The aim of this study was to determine the effect of hypertension and/or proteinuria on the incidence of atrial fibrillation. Second, we evaluated whether the associations with temporal changes in proteinuria status. We investigated these associations in an elderly population with and without hypertension, using the database of the nationwide population-based National Health Insurance Service (NHIS)-senior cohort (NHIS-Senior).

METHODS

Data were collected from the NHIS-Senior cohort, which included about 558 147 individuals, accounting for approximately 10% of the total elderly population over 60 years old in South Korea (approximately 5.1 million) in 2002 [13]. The NHIS-Senior database included the following parameters: sociodemographic and socioeconomic information, insurance status, health checkup examinations and records of patients’ medical and dental history. These parameters have been anonymized in the cohort study to protect the privacy of individuals. This study was approved by the Institutional Review Board of Yonsei University Health System (4-2021-0032). Informed consent was waived. The NHIS-Senior database used in this study (NHIS-2016-2-171) was made by the NHIS of Korea. The authors declare no conflicts of interest with the NHIS.

Study population

From the Korean NHIS-Senior, a total of 312 736 participants who had a health checkup between 2005 and 2012 were enrolled, and follow-up data were reviewed until December 2014. The exclusion criteria were as follows: participants who had atrial fibrillation before enrollment (n = 8873), those who had heart failure before enrollment (n = 26 210), those who had ischemic stroke or transient ischemic attack before enrollment (n = 32 344), those who had myocardial infarction before enrollment (n = 3944), those who had hemorrhagic stroke before enrollment (n = 1149), those who had malignancy before enrollment (n = 25 436) and those who had missing data (n = 3434). Finally, we included 211 346 participants without atrial fibrillation (Fig. 1).

FIGURE 1

Flow diagram.

Participants were divided into four groups according to the presence of hypertension and proteinuria: 123 411 participants were included in the control group including participants without hypertension and proteinuria; 81 878 participants in the group with hypertension only, 2501 participants in the group with proteinuria only and 3556 participants in the group with both hypertension and proteinuria.

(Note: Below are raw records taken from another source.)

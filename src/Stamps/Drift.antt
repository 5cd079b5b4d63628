-- ===== src/Stamps/Drift.antt =====
-- What exitpool/hash leaves of the drift that pkg/controllers/disruption/methods/drift.go looks for.
use frp_operator.Prelude.{
  String, ◌≡◌, ◌≢◌, ◌⊎◌, refl, ap, inl, inr, true, false, Option, none, some, List, All, string_eq,
  nat_eq, ◌==◌, Bool-cases, Option-cases, Result-cases, beq_refl, ok, All-map,
}
use frp_operator.Kube.{
  ApiError, Requeue, done, at_once, is_conflict, not_found, conflict, already_exists, other_error,
}
use frp_operator.Api.{ObjectMeta, ExitClaim, ExitPool, annotation_pool_hash}
use frp_operator.Disruption.Methods.{text_at, hashes_differ}
use frp_operator.Stamps.{
  Outside, with_stamp, stamp_each, stamp_children, stamp_pool, claim_meta, claim_with, pool_with,
  stopped,
}
use frp_operator.Stamps.Settled.{text_at-with_stamp, goes_on, Settling, stamp_each_settles}

-- Beside the pool with its new hash Drift sees no difference in this claim.
abbrev pub Undrifted : String → ObjectMeta → ObjectMeta → Type 0
Undrifted hash pool claim =
    hashes_differ claim (with_stamp annotation_pool_hash hash pool) annotation_pool_hash ≡ false

has-Undrifted :
    (hash : String) (pool claim : ObjectMeta)
    → text_at annotation_pool_hash claim.annotations ≡ hash
    → Undrifted hash pool claim
has-Undrifted hash pool claim has =
    let own : text_at annotation_pool_hash (with_stamp annotation_pool_hash hash pool).annotations
        ≡ hash =
      text_at-with_stamp annotation_pool_hash hash pool in
    elim (Bool-cases (hash == "")) [
      | inl e ↦ rw (hashes_differ, has, own, e) refl
      | inr e ↦ rw (hashes_differ, has, own, e, beq_refl hash) refl
    ]

stopped_fails : (e : ApiError) → stopped e ≢ (done, none)
stopped_fails e h = elim (Bool-cases (is_conflict e)) [
  | inl c ↦
      let h' : (at_once, none) ≡ (done, none) = rw (stopped, c) at h in
      let requeued : true ≡ false = ap (λ (r : Requeue × Option ApiError). r.0.requeue) h' in cc
  | inr c ↦
      let h' : (done, some e) ≡ (done, none) = rw (stopped, c) at h in
      let gone : some e ≡ none = ap (λ (r : Requeue × Option ApiError). r.1) h' in cc
]

module _ {Q C W : Type 0} (out : Outside Q C W) (hash : String) (P : String → W → Type 0) where
  -- `P` is true of a claim that is read or written without drift, or that turns out to be gone when it is
  -- written, and no such write ends it for another. A merge patch names no version of the claim, so that
  -- the apiserver does not refuse it with a conflict.
  pub record Settles (name : String) (pool : ObjectMeta) : Type 0 where
    pub seen :
        (w : W) (claims : List (ExitClaim Q))
        → (out.list_claims_of name w).0 ≡ ok claims
        → All (λ c. Undrifted hash pool c.meta → P c.meta.name (out.list_claims_of name w).1) claims
    pub tried :
        (c : ExitClaim Q) (w : W)
        → Undrifted hash pool c.meta
        → ((out.patch_claim c w).0 ≡ none) ⊎ ((out.patch_claim c w).0 ≡ some not_found)
        → P c.meta.name (out.patch_claim c w).1
    pub unrefused : (c : ExitClaim Q) (w : W) → (out.patch_claim c w).0 ≢ some conflict
    pub kept :
        (other : String) (c : ExitClaim Q) (w : W)
        → Undrifted hash pool c.meta
        → P other w
        → P other (out.patch_claim c w).1

  -- A loop that goes on has written the claim or found it gone.
  written_or_gone :
      (answer : Option ApiError)
      → goes_on answer ≡ true
      → answer ≢ some conflict
      → (answer ≡ none) ⊎ (answer ≡ some not_found)
  written_or_gone none goes unrefused = inl refl
  written_or_gone (some not_found) goes unrefused = inr refl
  written_or_gone (some conflict) goes unrefused = absurd (unrefused refl)
  written_or_gone (some already_exists) goes unrefused = cc
  written_or_gone (some (other_error text)) goes unrefused = cc

  -- The world in which the run lists the claims: behind the stamp on the pool, if it needs one.
  abbrev pub listing_world : ExitPool Q → W → W
  listing_world pool w = elim (text_at annotation_pool_hash pool.meta.annotations == hash) [
    | true ↦ w
    | false ↦ (out.patch_pool (pool_with pool (with_stamp annotation_pool_hash hash pool.meta)) w).1
  ]

  -- Every claim that the List in this world gives and that is not being deleted is settled in the end.
  abbrev pub AllSettled : String → W → W → Type 0
  AllSettled name w end =
      (claims : List (ExitClaim Q)) × ((out.list_claims_of name w).0 ≡ ok claims)
      × All (λ c. c.meta.deletion_timestamp ≡ none → P c.meta.name end) claims

  Settles-Settling :
      (name : String) (pool : ObjectMeta)
      → Settles name pool
      → Settling claim_meta claim_with out.patch_claim (λ c. true) annotation_pool_hash hash P
  Settles-Settling name pool s = record {
    reads_back = λ c m. refl;
    tried = λ c w has goes.
        s.tried c w (has-Undrifted hash pool c.meta has)
          (written_or_gone (out.patch_claim c w).0 goes (s.unrefused c w));
    kept = λ name c w has p. s.kept name c w (has-Undrifted hash pool c.meta has) p;
  }

  stamp_children-Settles :
      (pool : ExitPool Q) (base : ObjectMeta) (w : W)
      → Settles pool.meta.name base
      → (stamp_children out pool hash w).0 ≡ (done, none)
      → AllSettled pool.meta.name w (stamp_children out pool hash w).1
  unfolding stamp_children stamp_each
  stamp_children-Settles pool base w s h =
      elim (Result-cases (out.list_claims_of pool.meta.name w).0) [
        | inl (claims, e) ↦
            let w1 : W = (out.list_claims_of pool.meta.name w).1 in
            let h' : (stamp_each claim_meta claim_with out.patch_claim (λ c. true)
                  annotation_pool_hash hash claims w1).0
                ≡ none =
              ap (λ (r : Requeue × Option ApiError). r.1) (rw (stamp_children, e) at h) in
            rw (stamp_children, e)
              (
                claims,
                refl,
                All-map claims (λ c f live. f (live, refl))
                    (stamp_each_settles claim_meta claim_with out.patch_claim (λ c. true)
                      annotation_pool_hash hash P (Settles-Settling pool.meta.name base s) claims w1
                      h'
                      (All-map claims (λ c f has. f (has-Undrifted hash base c.meta has))
                        (s.seen w claims e))),
              )
        | inr (problem, e) ↦
            let h' : (done, some problem) ≡ (done, none) = rw (stamp_children, e) at h in
            let gone : some problem ≡ none = ap (λ (r : Requeue × Option ApiError). r.1) h' in
            absurd cc
      ]

  -- Where no patch of a claim is refused with a conflict, a run of the hash controller of a pool that ends
  -- without an error and without asking for another run has settled every claim of the pool that its List
  -- gave and that is not being deleted: the claim is gone, or Drift sees no difference from the new hash any
  -- more, as one made from an older template has its hash replaced by the new one.
  pub stamp_pool-Settles :
      (pool : ExitPool Q) (w : W)
      → Settles pool.meta.name pool.meta
      → (stamp_pool out pool hash w).0 ≡ (done, none)
      → AllSettled pool.meta.name (listing_world pool w) (stamp_pool out pool hash w).1
  unfolding stamp_pool
  stamp_pool-Settles pool w s h =
      elim (Bool-cases (text_at annotation_pool_hash pool.meta.annotations == hash)) [
        | inl e ↦
            let h' : (stamp_children out pool hash w).0 ≡ (done, none) = rw (stamp_pool, e) at h in
            rw (stamp_pool, e, listing_world) (stamp_children-Settles pool pool.meta w s h')
        | inr e ↦
            let new : ExitPool Q =
              pool_with pool (with_stamp annotation_pool_hash hash pool.meta) in
            let w1 : W = (out.patch_pool new w).1 in
            elim (Option-cases (out.patch_pool new w).0) [
              | inl f ↦
                  let h' : (stamp_children out new hash w1).0 ≡ (done, none) =
                    rw (stamp_pool, e, f) at h in
                  rw (stamp_pool, e, f, listing_world)
                    (stamp_children-Settles new pool.meta w1 s h')
              | inr (problem, f) ↦
                  let h' : stopped problem ≡ (done, none) = rw (stamp_pool, e, f) at h in
                  absurd (stopped_fails problem h')
            ]
      ]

Atrial fibrillation was diagnosed using the International Classification of Disease-10th Revision code (ICD-10), code I48. To ensure diagnostic accuracy, the patients were defined as having atrial fibrillation only when it was a discharge diagnosis or had been confirmed at least twice in the outpatient department. This atrial fibrillation diagnosis definition has been previously validated in the NHIS database with a positive-predictive value of 94.1% [14,15]. Hypertension was defined as the combination of previous hypertension diagnosis (ICD-10 codes) and use of one or more antihypertensive drugs. The hypertension onset date for duration calculations was determined using information on the first date of hypertension diagnosis.

Proteinuria

Proteinuria was measured with dipstick test and defined as at least 1+ of urine dipstick test. The predicted albumin--creatinine ratio (pACR) was calculated by the equation to convert urine dipstick protein to ACR [16]. The pACR was divided into three groups. The A1 group was defined as pACR greater than 30 mg/g and the A2 group was defined as pACR between 30 and 300 mg/g. The A3 group was defined as pACR greater than 300 mg/g.

Covariates

We obtained information on selected comorbidities in inpatient and outpatient hospital diagnoses. Baseline comorbidities were defined using the medical claims and information about prescription medication prior to the index date. To ensure the accuracy of diagnosis, the patients were considered to have comorbid condition when the condition was a discharge diagnosis or confirmed at least twice in an outpatient setting according to previous studies using the NHIS (see Supplementary Table S1) [2,14]. For the status of standard income, the total amount of national health insurance premiums paid by the insured in the year was evaluated in proportion to personal income.

Statistical analysis

Continuous variables were expressed as means ± standard deviation (SD). Categorical variables were expressed as proportions. The baseline characteristics of participants were compared using Student's t-test and Pearson's chi-square test. The incidence rates of events were calculated by dividing the number of events by person-times at risk, with the 95% confidence intervals (CI) estimated by exact Poisson distributions.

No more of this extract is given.